Sure, but the actual case is that there will be at least thousands of “features” associated with deception many of which will operate in very domain specific ways etc (assuming you’ve actually captured a notion of features which might correspond to what the model is actually doing). So, the question will be how you operate over this large group of features. Maybe the implict claim is that averaging over this set of features will have better inductive biases than training a probe on some dataset because averaging over the set of features nicely handles model capacity? Or that you can get some measure over this group of features which is better than just normally training a classifer?
I guess it just feels to me like you’re turning to a really complicated and hard-to-use tool which only has a pretty dubious reason for working better than a simple, well known, and easy-to-use tool.
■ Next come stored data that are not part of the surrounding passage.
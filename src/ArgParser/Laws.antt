-- ===== src/ArgParser/Laws.antt =====
-- What the parse of common/arg_parser.hpp keeps of the registered options.
use win_udpsharded_echo.Prelude.{
  ◌≡◌, refl, ◌∙◌, ◌⊎◌, ◌↔◌, inl, inr, List, [], ◌∷◌, Bool, true, false, Option, none, some, arith,
  if◌then◌else◌, Text, text_eq, find, mapped, find-modify,
}
use win_udpsharded_echo.ArgParser.{
  Opt, ArgParser, Action, skip, assign, expects, action, store, parse_last, parse, value_of, set_of,
  get, is_set,
}

-- What may become of an option: its registration stays, and it is as it was or is marked as set.
pub record IsLater (o o' : Opt) : Type 0 where
  pub short_kept : o'.short_name ≡ o.short_name
  pub default_kept : o'.default_value ≡ o.default_value
  pub kind_kept : o'.takes_value ≡ o.takes_value
  pub same_or_set : (o'.value ≡ o.value) × (o'.set ≡ o.set) ⊎ (o'.set ≡ true)

-- The same of the result of a lookup: nothing is registered and nothing goes.
abbrev pub Later : Option Opt → Option Opt → Type 0
Later none none = Unit {0}
Later none (some o') = ⊥
Later (some o) none = ⊥
Later (some o) (some o') = IsLater o o'

Later-refl : (x : Option Opt) → Later x x
Later-refl none = tt
Later-refl (some o) = record {
  short_kept = refl;
  default_kept = refl;
  kind_kept = refl;
  same_or_set = inl (refl, refl);
}

IsLater-trans : (a b c : Opt) → IsLater a b → IsLater b c → IsLater a c
IsLater-trans a b c h k = record {
  short_kept = k.short_kept ∙ h.short_kept;
  default_kept = k.default_kept ∙ h.default_kept;
  kind_kept = k.kind_kept ∙ h.kind_kept;
  same_or_set = ground arith;
}

Later-trans : (x y z : Option Opt) → Later x y → Later y z → Later x z
Later-trans none none none h k = tt
Later-trans none none (some c) h k = k
Later-trans none (some b) z h k = absurd h
Later-trans (some a) none z h k = absurd h
Later-trans (some a) (some b) none h k = k
Later-trans (some a) (some b) (some c) h k = IsLater-trans a b c h k

stored : Text → Opt → Opt
stored val o = record o { value = val; set = true }

Later-mapped : (val : Text) (x : Option Opt) → Later x (mapped (stored val) x)
unfolding stored
Later-mapped val none = tt
Later-mapped val (some o) = record {
  short_kept = refl;
  default_kept = refl;
  kind_kept = refl;
  same_or_set = inr refl;
}

Later-if :
    (b : Bool) (val : Text) (x : Option Opt) → Later x (if b then mapped (stored val) x else x)
Later-if true val x = Later-mapped val x
Later-if false val x = Later-refl x

Later-store :
    (key val j : Text) (p : ArgParser) → Later (find j p.opts) (find j (store key val p).opts)
unfolding store stored
Later-store key val j p =
    rw (find-modify key j (stored val) p.opts) (Later-if (text_eq key j) val (find j p.opts))

Later-parse_last :
    (p : ArgParser) (a : Action) (j : Text) → Later (find j p.opts) (find j (parse_last p a).opts)
unfolding parse_last
Later-parse_last p skip j = Later-refl (find j p.opts)
Later-parse_last p (assign key val) j = Later-store key val j p
Later-parse_last p (expects key) j = Later-refl (find j p.opts)

Action-cases :
    (a : Action)
    → (a ≡ skip)
      ⊎ ((key : Text) × (val : Text) × (a ≡ assign key val))
      ⊎ ((key : Text) × (a ≡ expects key))
Action-cases skip = inl refl
Action-cases (assign key val) = inr (inl (key, val, refl))
Action-cases (expects key) = inr (inr (key, refl))

Later-parse :
    (p : ArgParser) (argv : List Text) (j : Text)
    → Later (find j p.opts) (find j (parse p argv).opts)
unfolding parse
Later-parse p [] j = Later-refl (find j p.opts)
Later-parse p (a ∷ []) j = Later-parse_last p (action p a) j
Later-parse p (a ∷ next ∷ rest) j = elim (Action-cases (action p a)) [
  | inl e ↦ rw (e, parse) (Later-parse p (next ∷ rest) j)
  | inr (inl (key, val, e)) ↦
      rw (e, parse)
        (Later-trans _ _ _ (Later-store key val j p)
          (Later-parse (store key val p) (next ∷ rest) j))
  | inr (inr (key, e)) ↦
      rw (e, parse)
        (Later-trans _ _ _ (Later-store key next j p) (Later-parse (store key next p) rest j))
]

-- Whatever the arguments are, an option that is not set afterwards, and was registered with its
-- default as its value, has its default value.
pub parse-default :
    (p : ArgParser) (argv : List Text) (key : Text) (o : Opt)
    → find key p.opts ≡ some o
    → o.value ≡ o.default_value
    → is_set key (parse p argv) ≡ false
    → get key (parse p argv) ≡ some o.default_value
unfolding get is_set value_of set_of
parse-default p argv key o e v unset =
    settle (find key p.opts) (find key (parse p argv).opts) (Later-parse p argv key) e unset
  where
    settle :
        (x y : Option Opt)
        → Later x y
        → x ≡ some o
        → set_of y ≡ false
        → value_of y ≡ some o.default_value
    settle none y l e' u = cc
    settle (some a) none l e' u = absurd l
    settle (some a) (some b) l e' u = ground arith

-- The parse registers nothing and forgets nothing: `get` throws afterwards exactly for the names
-- for which it threw before.
pub get-parse-none :
    (p : ArgParser) (argv : List Text) (key : Text)
    → (get key (parse p argv) ≡ none) ↔ (get key p ≡ none)
unfolding get value_of
get-parse-none p argv key =
    both (find key p.opts) (find key (parse p argv).opts) (Later-parse p argv key)
  where
    both : (x y : Option Opt) → Later x y → (value_of y ≡ none) ↔ (value_of x ≡ none)
    both none none l = (λ e. e, λ e. e)
    both none (some b) l = absurd l
    both (some a) none l = absurd l
    both (some a) (some b) l = ground arith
This feels like a mistake to me (but maybe I’m misunderstanding some important context). Minimally, I think it seems good to start by testing the probe baseline. If the probe approach works great, then it’s plausible that whatever autoencoder approach you end up trying work for the exact same reason as the probe works (they are correlated with some general notion of lying/deception which generalizes).
I feel somewhat inclined to argue about this because I think by default people have a tendency to do things which are somewhat more associated with “internals” or “mech interp” or “being unsupervised” but which are in practice very similar to simple probing methods (see e.g. here for a case where I argue about something similar). I think this seems costly because it could waste a bunch of time and result in unjustified levels of confidence that people wouldn’t have if it was clear exactly what the technique was equivalent to. I’m not sure if you’re making a mistake here in this way, so sorry about picking on you in particular.
(TBC, there are totally ways you could use autoencoders/internals which aren’t at all equivalent to just training a classifer, but I think this requires looking at connections (either directly looking at the weights or running intervention experiments).)